A los docentes argentinos del 2016
Varios autos pasaron a toda velocidad. Esperó. El último de los cultivos de la humanidad: el velocímetro. El mediodía no era placentero para seguir caminando. Se animó a cruzar la calle. Al mismo tiempo lo hacían los chicos a la salida de la escuela. La algarabía blanca lo sumergió en el recuerdo con una alegre sensación. Una penetrante melancolía le estaba como complementando el espíritu. Se detuvo un instante a mirar a los niños.
Llegó a su departamento y lo primero que hizo fue calentar el agua para el mate. El café y el cigarrillo se los había prohibido el médico. Puso el abrigo en el respaldo de la silla. Conectó la estufa y fue al baño. Al mirarse la cara, el espejo le devolvió una imagen cansada. A los setenta y cinco años, después de toda una vida laboriosa en la docencia, el hombre puede ser un resto.
Un jubilado como él es nadie. Uno más, uno insignificante dentro de la sociedad y de un presente que él de ninguna manera había forjado. Inimaginable presente para un hombre que había ejercido la docencia. Nada más que un rostro en la muchedumbre y un cruel silencio frente al espejo. De tanto en vez se entretiene mirando la televisión, sobre todo cine clásico.
Hace unos días pescó un programa especial para los docentes en actividad, un programa de ésos organizados por una editorial docente con expositores también docentes, metodólogos aterrizados vaya a saber de qué planeta. Los contenidos no importan tanto como los procedimientos, dicen, entre otras cosas ininteligibles para la comunidad educativa, como las palabras reforma, didaxis, interacción.
Y los chicos de hoy en día no pasan de grado sino con dificultades en la expresión, en la escritura y en las cuatro operaciones. Interactuar, lecto-escritura, enseñanza-aprendizaje, especies de dobles palabras -palabras compuestas- que eran como celofanes con cintita de regalo que envolvían paquetes y paquetes de lenguajes ambiguos y morbosamente ficticios sobre la realidad educativa. Cuánta razón había tenido Rogelio en sus predicciones sobre el futuro de la educación en los años setenta.
Los psicólogos y los sociólogos terminarán por invadirnos, decía, por lo que era acusado in situ de reaccionario, troglodita, antiprogresista. No olvidará jamás el día que vino uno de esos metodólogos con el asunto de la matemática moderna y la teoría de los conjuntos. Rogelio puso el grito de alerta y al cabo de seis años de experimentación en la misma escuela, no había más que darle la razón.
Los chicos en las últimas décadas llegaban a sexto grado sin saber resolver un problema de regla de tres, con pocas nociones básicas de geometría y con precario vocabulario. Y cuando apareció una profesora de Didáctica de la Lengua con el tema del análisis estructural del relato -presentación, nudo y desenlace o final- o de sacar la idea central de lo que el autor quiso expresar o significar, él mismo reaccionó con furia.

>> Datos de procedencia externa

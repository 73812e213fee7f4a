-- ===== src/Smtp/Commands/Transaction.antt =====
-- A mail transaction at the server: what MAIL, RCPT and DATA accept, and what the text leaves.
use mathlib.Core.List.{foldl, reverse, reverse-append}
use iu7_pvs_cp.Base.{
  ℕ, true, false, List, [], ◌∷◌, ◌++◌, Option, none, some, ◌≡◌, ◌≢◌, refl, sym, ap, ◌∙◌, Bytes,
  codes, str_eq, str_eq_iff, All, append-nil, append_assoc, is_space, Bool-cases, inl, inr,
}
use iu7_pvs_cp.StringUtils.{strtrim, strstartswith}
use iu7_pvs_cp.StringUtils.Trim.{ends, strtrim_middle}
use iu7_pvs_cp.Smtp.Regex.{match_mail_from, match_rcpt_to}
use iu7_pvs_cp.Smtp.Regex.Address.{IsMail}
use iu7_pvs_cp.Smtp.Regex.Paths.{match_mail_from_iff, match_rcpt_to_iff}
use iu7_pvs_cp.Smtp.Session.{
  established, mail_rcpt, mail_data, Envelope, Session, ring_add, snprintf,
}
use iu7_pvs_cp.Smtp.Commands.{
  Outcome, smtp_mail, smtp_rcpt, smtp_read_data, dispatch, smtp_process_command,
}
use iu7_pvs_cp.Smtp.Commands.Invariant.{parts}

-- A command that is `head`, a mailbox and ">".
abbrev pub bracketed : Bytes → Bytes → Bytes
bracketed head mail = head ++ (mail ++ b'>' ∷ [])

strtrim-bracketed :
    (c : ℕ) (head mail : Bytes)
    → is_space c ≡ false
    → strtrim (c ∷ bracketed head mail) ≡ c ∷ bracketed head mail
unfolding is_space
strtrim-bracketed c head mail h =
    let whole : (c ∷ ((head ++ mail) ++ b'>' ∷ [])) ++ [] ≡ c ∷ bracketed head mail =
      append-nil _ ∙ ap (◌∷◌ c) (append_assoc head mail (b'>' ∷ [])) in
    ap strtrim (sym whole)
    ∙ strtrim_middle [] (c ∷ ((head ++ mail) ++ b'>' ∷ [])) [] tt
        (ends c (head ++ mail) b'>' h refl) tt
    ∙ ap (◌∷◌ c) (append_assoc head mail (b'>' ∷ []))

module _ (buf : List Bytes) (size : ℕ) (env : Envelope) (reply : Bytes) (len : ℕ) where
  -- MAIL with a mailbox opens a transaction.
  pub process_mail :
      (mail : Bytes)
      → IsMail mail
      → smtp_process_command
          (bracketed (codes "MAIL FROM:<") mail)
          true
          (parts buf size established env)
          reply
          len
        ≡ some (record {
          session = parts [] 0 mail_rcpt (record env { sender = some mail });
          reply = snprintf len (codes "250 OK\r\n");
          closing = false;
        })
  unfolding smtp_process_command dispatch smtp_mail strstartswith is_space
  process_mail mail m =
      let command = bracketed (codes "MAIL FROM:<") mail in
      let e : match_mail_from command ≡ some mail =
        (match_mail_from_iff command mail).1
          ([], record { verb = codes "MAIL FROM:<"; spelled = refl; mailbox = m; whole = refl }) in
      rw (strtrim-bracketed b'M' (codes "AIL FROM:<") mail refl) (rw (e, smtp_mail) refl)

  -- RCPT with a mailbox adds a recipient.
  pub process_rcpt :
      (mail : Bytes)
      → IsMail mail
      → smtp_process_command
          (bracketed (codes "RCPT TO:<") mail)
          true
          (parts buf size mail_rcpt env)
          reply
          len
        ≡ some (record {
          session = parts [] 0 mail_rcpt (record env { recipients = ring_add env.recipients mail });
          reply = snprintf len (codes "250\r\n");
          closing = false;
        })
  unfolding smtp_process_command dispatch smtp_rcpt strstartswith is_space
  process_rcpt mail m =
      let command = bracketed (codes "RCPT TO:<") mail in
      let e : match_rcpt_to command ≡ some mail =
        (match_rcpt_to_iff command mail).1
          (record { verb = codes "RCPT TO:<"; spelled = refl; mailbox = m; whole = refl }) in
      rw (strtrim-bracketed b'R' (codes "CPT TO:<") mail refl) (rw (e, smtp_rcpt) refl)

  pub process_data :
      smtp_process_command (codes "DATA") true (parts buf size mail_rcpt env) reply len
      ≡ some (record {
        session = parts [] 0 mail_data env;
        reply = snprintf len (codes "354\r\n");
        closing = false;
      })
  unfolding smtp_process_command dispatch strstartswith strtrim
  process_data = refl

  pub process_line :
      (line : Bytes)
      → line ≢ codes "."
      → smtp_process_command line true (parts buf size mail_data env) reply len
        ≡ some (record {
          session = parts [] 0 mail_data (record env { lines = ring_add env.lines line });
          reply = reply;
          closing = false;
        })
  unfolding smtp_process_command smtp_read_data
  process_line line h = let e : str_eq (codes ".") line ≡ false = not_dot line h in rw e refl
    where
      not_dot : (line : Bytes) → line ≢ codes "." → str_eq (codes ".") line ≡ false
      not_dot line h = elim (Bool-cases (str_eq (codes ".") line)) [
        | inl e ↦ absurd (h (sym ((str_eq_iff (codes ".") line).0 e)))
        | inr e ↦ e
      ]

-- The commands of one client in order, with the session and the reply buffer that each leaves.
-- `malloc` succeeds.
pub process_all : List Bytes → Session → Bytes → ℕ → Option (Session × Bytes)
process_all [] s reply len = some (s, reply)
process_all (c ∷ cs) s reply len = elim (smtp_process_command c true s reply len) [
  | none ↦ none
  | some o ↦ process_all cs o.session o.reply len
]

process_all-step :
    (c : Bytes) (cs : List Bytes) (s : Session) (reply : Bytes) (len : ℕ) {o : Outcome}
    → smtp_process_command c true s reply len ≡ some o
    → process_all (c ∷ cs) s reply len ≡ process_all cs o.session o.reply len
unfolding process_all
process_all-step c cs s reply len e = rw (e, process_all) refl

process_all-lines :
    (ls : List Bytes) (env : Envelope) (reply : Bytes) (len : ℕ)
    → All (λ l. l ≢ codes ".") ls
    → process_all ls (parts [] 0 mail_data env) reply len
      ≡ some (parts [] 0 mail_data (record env { lines = foldl ring_add env.lines ls }), reply)
unfolding process_all
process_all-lines [] env reply len h = refl
process_all-lines (l ∷ ls) env reply len h =
    process_all-step l ls _ reply len (process_line [] 0 env reply len l h.0)
    ∙ process_all-lines ls (record env { lines = ring_add env.lines l }) reply len h.1

foldl-ring_add :
    (x : Bytes) (ys zs : List Bytes) → foldl ring_add (x ∷ ys) zs ≡ x ∷ (reverse zs ++ ys)
foldl-ring_add x ys [] = refl
foldl-ring_add x ys (z ∷ zs) =
    foldl-ring_add x (z ∷ ys) zs
    ∙ ap (◌∷◌ x) (
        sym
          (ap (λ l. l ++ ys) (reverse-append (z ∷ []) zs) ∙ append_assoc (reverse zs) (z ∷ []) ys))

-- From a session that has been greeted and holds nothing: MAIL and RCPT with mailboxes, DATA and
-- the text lines of a message, none of them ".", leave the sender, the recipient and the lines
-- in the envelope. The first line stands first, and the others follow it in reverse.
pub transaction :
    (sender recipient first : Bytes) (rest : List Bytes) (buf : List Bytes) (size : ℕ)
    (reply : Bytes) (len : ℕ)
    → IsMail sender
    → IsMail recipient
    → All (λ l. l ≢ codes ".") (first ∷ rest)
    → process_all
        (bracketed (codes "MAIL FROM:<") sender
          ∷ bracketed (codes "RCPT TO:<") recipient
          ∷ codes "DATA"
          ∷ first
          ∷ rest)
        (parts buf size established (record { recipients = []; lines = []; sender = none }))
        reply
        len
      ≡ some (
        parts [] 0 mail_data (record {
          recipients = recipient ∷ [];
          lines = first ∷ reverse rest;
          sender = some sender;
        }),
        snprintf len (codes "354\r\n"),
      )
transaction sender recipient first rest buf size reply len ms mr h =
    process_all-step _ _ _ reply len (process_mail buf size _ reply len sender ms)
    ∙ process_all-step _ _ _ _ len (process_rcpt [] 0 _ _ len recipient mr)
    ∙ process_all-step _ _ _ _ len (process_data [] 0 _ _ len)
    ∙ process_all-lines (first ∷ rest) _ _ len h
    ∙ ap
        (λ ls. some (
          parts [] 0 mail_data
              (record { recipients = recipient ∷ []; lines = ls; sender = some sender }),
          snprintf len (codes "354\r\n"),
        ))
        (foldl-ring_add first [] rest ∙ ap (◌∷◌ first) (append-nil (reverse rest)))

Pero él y Rogelio ya no eran más que maestros “jubilados”, dinosaurios de la enseñanza que nada sabían de los métodos modernos de la Nueva Escuela Europea y entonces los metodólogos citaban a tal o cual psicopedagogo de Francia o a algún otro aparato de nombre inglés que había hecho una investigación para Harvard. Así, reflexionaba, la Educación pasó de una Reforma a otra Reforma y cuando no a una nueva Contrarreforma, hasta inferirse también que los contenidos son procedimentales. Rogelio había comentado hace poco: fijate como embalurdan la milonga que han reducido los contenidos a “procedimientos” y para enseñar lengua dicen que literatura es también un resorte periodístico, un tramo de un libro de Historia o la secuencia de una propaganda comercial.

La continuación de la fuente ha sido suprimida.